▶ **DATA FOR THIS EXERCISE**

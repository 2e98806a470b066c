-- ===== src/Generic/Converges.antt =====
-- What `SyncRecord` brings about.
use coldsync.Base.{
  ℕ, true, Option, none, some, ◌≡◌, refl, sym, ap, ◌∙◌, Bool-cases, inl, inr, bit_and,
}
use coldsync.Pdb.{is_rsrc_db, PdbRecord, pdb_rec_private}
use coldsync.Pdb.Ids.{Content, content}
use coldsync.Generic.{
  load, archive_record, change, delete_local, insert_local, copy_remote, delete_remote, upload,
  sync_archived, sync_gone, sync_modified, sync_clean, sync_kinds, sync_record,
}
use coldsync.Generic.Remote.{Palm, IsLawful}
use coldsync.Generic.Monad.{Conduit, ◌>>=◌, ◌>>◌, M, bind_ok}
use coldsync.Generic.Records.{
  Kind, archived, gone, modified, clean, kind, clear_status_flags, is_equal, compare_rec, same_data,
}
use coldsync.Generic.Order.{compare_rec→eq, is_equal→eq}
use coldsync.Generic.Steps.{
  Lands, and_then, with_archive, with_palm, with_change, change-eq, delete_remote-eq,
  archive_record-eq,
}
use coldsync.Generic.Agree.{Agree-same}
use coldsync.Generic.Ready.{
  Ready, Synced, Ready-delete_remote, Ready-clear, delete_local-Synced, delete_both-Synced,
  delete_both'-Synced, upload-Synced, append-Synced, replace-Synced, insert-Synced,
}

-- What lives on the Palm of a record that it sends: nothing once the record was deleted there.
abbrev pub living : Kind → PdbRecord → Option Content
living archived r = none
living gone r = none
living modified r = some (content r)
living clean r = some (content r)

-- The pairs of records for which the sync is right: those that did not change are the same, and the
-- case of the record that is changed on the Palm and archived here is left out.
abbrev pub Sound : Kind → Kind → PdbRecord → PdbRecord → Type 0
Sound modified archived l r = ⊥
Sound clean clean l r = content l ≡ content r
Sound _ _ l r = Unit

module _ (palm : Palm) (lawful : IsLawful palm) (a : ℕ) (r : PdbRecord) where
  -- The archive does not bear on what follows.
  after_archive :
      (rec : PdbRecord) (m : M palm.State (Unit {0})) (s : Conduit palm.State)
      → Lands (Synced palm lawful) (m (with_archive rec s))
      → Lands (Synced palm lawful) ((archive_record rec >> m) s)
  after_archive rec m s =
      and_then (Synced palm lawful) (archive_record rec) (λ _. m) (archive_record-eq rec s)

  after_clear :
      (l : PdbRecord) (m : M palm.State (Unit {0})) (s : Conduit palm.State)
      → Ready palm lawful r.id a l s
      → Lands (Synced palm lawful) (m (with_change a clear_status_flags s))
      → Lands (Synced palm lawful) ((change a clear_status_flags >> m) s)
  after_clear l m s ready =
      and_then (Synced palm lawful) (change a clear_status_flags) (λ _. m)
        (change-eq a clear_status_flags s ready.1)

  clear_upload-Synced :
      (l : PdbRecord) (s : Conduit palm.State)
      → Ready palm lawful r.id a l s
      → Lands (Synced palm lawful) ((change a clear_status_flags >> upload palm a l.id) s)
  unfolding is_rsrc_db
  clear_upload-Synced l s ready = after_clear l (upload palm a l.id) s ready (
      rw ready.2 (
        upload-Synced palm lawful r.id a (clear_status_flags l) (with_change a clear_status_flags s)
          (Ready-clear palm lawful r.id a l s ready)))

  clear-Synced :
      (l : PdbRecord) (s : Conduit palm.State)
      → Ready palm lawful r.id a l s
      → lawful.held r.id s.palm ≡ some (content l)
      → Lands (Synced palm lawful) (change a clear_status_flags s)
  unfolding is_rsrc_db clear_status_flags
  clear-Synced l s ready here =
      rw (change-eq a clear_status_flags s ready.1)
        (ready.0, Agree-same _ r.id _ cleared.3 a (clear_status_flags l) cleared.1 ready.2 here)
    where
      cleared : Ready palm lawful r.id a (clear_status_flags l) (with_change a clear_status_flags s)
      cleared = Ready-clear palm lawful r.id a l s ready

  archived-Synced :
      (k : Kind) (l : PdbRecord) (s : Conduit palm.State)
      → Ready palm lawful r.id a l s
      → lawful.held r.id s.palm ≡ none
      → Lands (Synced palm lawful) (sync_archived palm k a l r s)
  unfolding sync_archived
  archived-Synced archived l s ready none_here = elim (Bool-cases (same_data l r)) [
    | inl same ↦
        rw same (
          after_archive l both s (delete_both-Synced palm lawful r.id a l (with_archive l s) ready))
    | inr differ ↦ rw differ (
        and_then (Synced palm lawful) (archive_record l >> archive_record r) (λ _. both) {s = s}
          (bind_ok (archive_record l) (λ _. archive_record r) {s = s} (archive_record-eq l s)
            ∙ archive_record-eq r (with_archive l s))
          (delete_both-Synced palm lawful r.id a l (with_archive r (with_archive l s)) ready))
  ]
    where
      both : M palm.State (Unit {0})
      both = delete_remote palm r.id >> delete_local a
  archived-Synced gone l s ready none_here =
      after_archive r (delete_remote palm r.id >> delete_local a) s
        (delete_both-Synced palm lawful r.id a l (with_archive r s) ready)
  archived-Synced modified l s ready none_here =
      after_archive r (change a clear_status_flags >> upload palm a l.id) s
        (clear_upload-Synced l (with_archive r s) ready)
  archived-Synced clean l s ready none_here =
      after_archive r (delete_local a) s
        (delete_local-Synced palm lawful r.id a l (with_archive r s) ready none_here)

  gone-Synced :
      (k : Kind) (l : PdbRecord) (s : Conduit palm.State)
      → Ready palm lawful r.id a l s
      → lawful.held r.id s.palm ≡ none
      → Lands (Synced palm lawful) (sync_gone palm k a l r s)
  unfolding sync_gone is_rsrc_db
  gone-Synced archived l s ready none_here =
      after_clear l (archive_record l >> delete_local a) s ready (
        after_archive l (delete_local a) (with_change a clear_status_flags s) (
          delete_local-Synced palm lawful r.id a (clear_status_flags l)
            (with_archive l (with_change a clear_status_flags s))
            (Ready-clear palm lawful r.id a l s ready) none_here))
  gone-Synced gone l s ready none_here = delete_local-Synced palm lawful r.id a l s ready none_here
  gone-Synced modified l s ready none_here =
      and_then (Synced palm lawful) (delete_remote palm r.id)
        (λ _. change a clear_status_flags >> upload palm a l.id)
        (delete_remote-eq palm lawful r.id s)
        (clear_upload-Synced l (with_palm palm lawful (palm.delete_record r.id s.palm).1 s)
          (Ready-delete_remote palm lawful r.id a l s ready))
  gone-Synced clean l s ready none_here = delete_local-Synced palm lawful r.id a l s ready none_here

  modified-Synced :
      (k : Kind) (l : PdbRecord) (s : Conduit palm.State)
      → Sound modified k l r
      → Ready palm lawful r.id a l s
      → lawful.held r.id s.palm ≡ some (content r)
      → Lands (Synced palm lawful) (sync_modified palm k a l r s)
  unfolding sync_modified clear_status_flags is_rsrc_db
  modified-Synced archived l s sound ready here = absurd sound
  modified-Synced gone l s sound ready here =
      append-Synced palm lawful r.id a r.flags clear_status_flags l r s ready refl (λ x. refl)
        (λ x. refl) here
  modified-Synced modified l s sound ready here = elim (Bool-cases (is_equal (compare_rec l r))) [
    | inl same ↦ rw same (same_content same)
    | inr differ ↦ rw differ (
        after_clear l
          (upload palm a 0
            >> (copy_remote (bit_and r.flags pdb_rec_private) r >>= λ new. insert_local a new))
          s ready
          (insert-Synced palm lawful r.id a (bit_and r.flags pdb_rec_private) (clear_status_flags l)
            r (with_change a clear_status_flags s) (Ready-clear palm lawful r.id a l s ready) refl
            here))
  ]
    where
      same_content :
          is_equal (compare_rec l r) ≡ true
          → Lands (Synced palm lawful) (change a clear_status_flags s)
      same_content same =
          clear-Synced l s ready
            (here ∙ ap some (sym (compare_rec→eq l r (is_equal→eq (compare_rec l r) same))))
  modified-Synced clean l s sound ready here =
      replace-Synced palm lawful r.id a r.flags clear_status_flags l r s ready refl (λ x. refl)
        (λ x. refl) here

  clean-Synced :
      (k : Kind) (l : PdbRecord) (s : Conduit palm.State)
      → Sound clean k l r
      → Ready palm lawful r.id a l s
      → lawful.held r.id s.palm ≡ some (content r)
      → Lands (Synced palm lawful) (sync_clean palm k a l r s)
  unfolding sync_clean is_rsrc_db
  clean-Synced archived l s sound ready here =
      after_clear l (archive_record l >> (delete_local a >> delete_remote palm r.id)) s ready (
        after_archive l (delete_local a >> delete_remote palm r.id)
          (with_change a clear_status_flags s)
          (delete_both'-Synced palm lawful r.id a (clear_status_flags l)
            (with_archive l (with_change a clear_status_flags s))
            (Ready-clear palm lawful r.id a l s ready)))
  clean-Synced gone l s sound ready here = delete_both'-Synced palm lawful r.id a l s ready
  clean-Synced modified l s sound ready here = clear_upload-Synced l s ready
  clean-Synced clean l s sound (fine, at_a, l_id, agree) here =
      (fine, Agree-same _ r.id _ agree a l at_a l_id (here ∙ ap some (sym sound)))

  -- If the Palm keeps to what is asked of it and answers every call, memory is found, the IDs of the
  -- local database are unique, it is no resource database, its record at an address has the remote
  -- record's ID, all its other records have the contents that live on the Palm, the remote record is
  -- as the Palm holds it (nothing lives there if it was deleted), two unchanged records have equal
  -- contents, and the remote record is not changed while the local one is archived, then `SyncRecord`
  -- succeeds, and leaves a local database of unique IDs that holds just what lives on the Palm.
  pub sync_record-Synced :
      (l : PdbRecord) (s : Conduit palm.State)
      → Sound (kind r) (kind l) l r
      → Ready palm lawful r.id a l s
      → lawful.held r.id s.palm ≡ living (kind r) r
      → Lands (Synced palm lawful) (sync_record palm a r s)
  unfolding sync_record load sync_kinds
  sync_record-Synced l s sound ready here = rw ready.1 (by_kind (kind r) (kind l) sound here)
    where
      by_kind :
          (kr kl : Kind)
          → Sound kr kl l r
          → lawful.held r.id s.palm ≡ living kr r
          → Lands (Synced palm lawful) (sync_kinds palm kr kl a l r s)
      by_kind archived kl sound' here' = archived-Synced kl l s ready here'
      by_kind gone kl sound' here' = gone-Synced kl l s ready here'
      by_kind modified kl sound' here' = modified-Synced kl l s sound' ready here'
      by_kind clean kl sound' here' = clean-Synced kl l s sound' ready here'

▶ **PROBLEM REQUIREMENTS**
Using only the entries above, output the line with "clean-Synced archived l", the line with "kl a l r s)", and all lines between them, exactly as they stand.

▶ **SOLUTION FOR THIS EXERCISE**
  clean-Synced archived l s sound ready here =
      after_clear l (archive_record l >> (delete_local a >> delete_remote palm r.id)) s ready (
        after_archive l (delete_local a >> delete_remote palm r.id)
          (with_change a clear_status_flags s)
          (delete_both'-Synced palm lawful r.id a (clear_status_flags l)
            (with_archive l (with_change a clear_status_flags s))
            (Ready-clear palm lawful r.id a l s ready)))
  clean-Synced gone l s sound ready here = delete_both'-Synced palm lawful r.id a l s ready
  clean-Synced modified l s sound ready here = clear_upload-Synced l s ready
  clean-Synced clean l s sound (fine, at_a, l_id, agree) here =
      (fine, Agree-same _ r.id _ agree a l at_a l_id (here ∙ ap some (sym sound)))

  -- If the Palm keeps to what is asked of it and answers every call, memory is found, the IDs of the
  -- local database are unique, it is no resource database, its record at an address has the remote
  -- record's ID, all its other records have the contents that live on the Palm, the remote record is
  -- as the Palm holds it (nothing lives there if it was deleted), two unchanged records have equal
  -- contents, and the remote record is not changed while the local one is archived, then `SyncRecord`
  -- succeeds, and leaves a local database of unique IDs that holds just what lives on the Palm.
  pub sync_record-Synced :
      (l : PdbRecord) (s : Conduit palm.State)
      → Sound (kind r) (kind l) l r
      → Ready palm lawful r.id a l s
      → lawful.held r.id s.palm ≡ living (kind r) r
      → Lands (Synced palm lawful) (sync_record palm a r s)
  unfolding sync_record load sync_kinds
  sync_record-Synced l s sound ready here = rw ready.1 (by_kind (kind r) (kind l) sound here)
    where
      by_kind :
          (kr kl : Kind)
          → Sound kr kl l r
          → lawful.held r.id s.palm ≡ living kr r
          → Lands (Synced palm lawful) (sync_kinds palm kr kl a l r s)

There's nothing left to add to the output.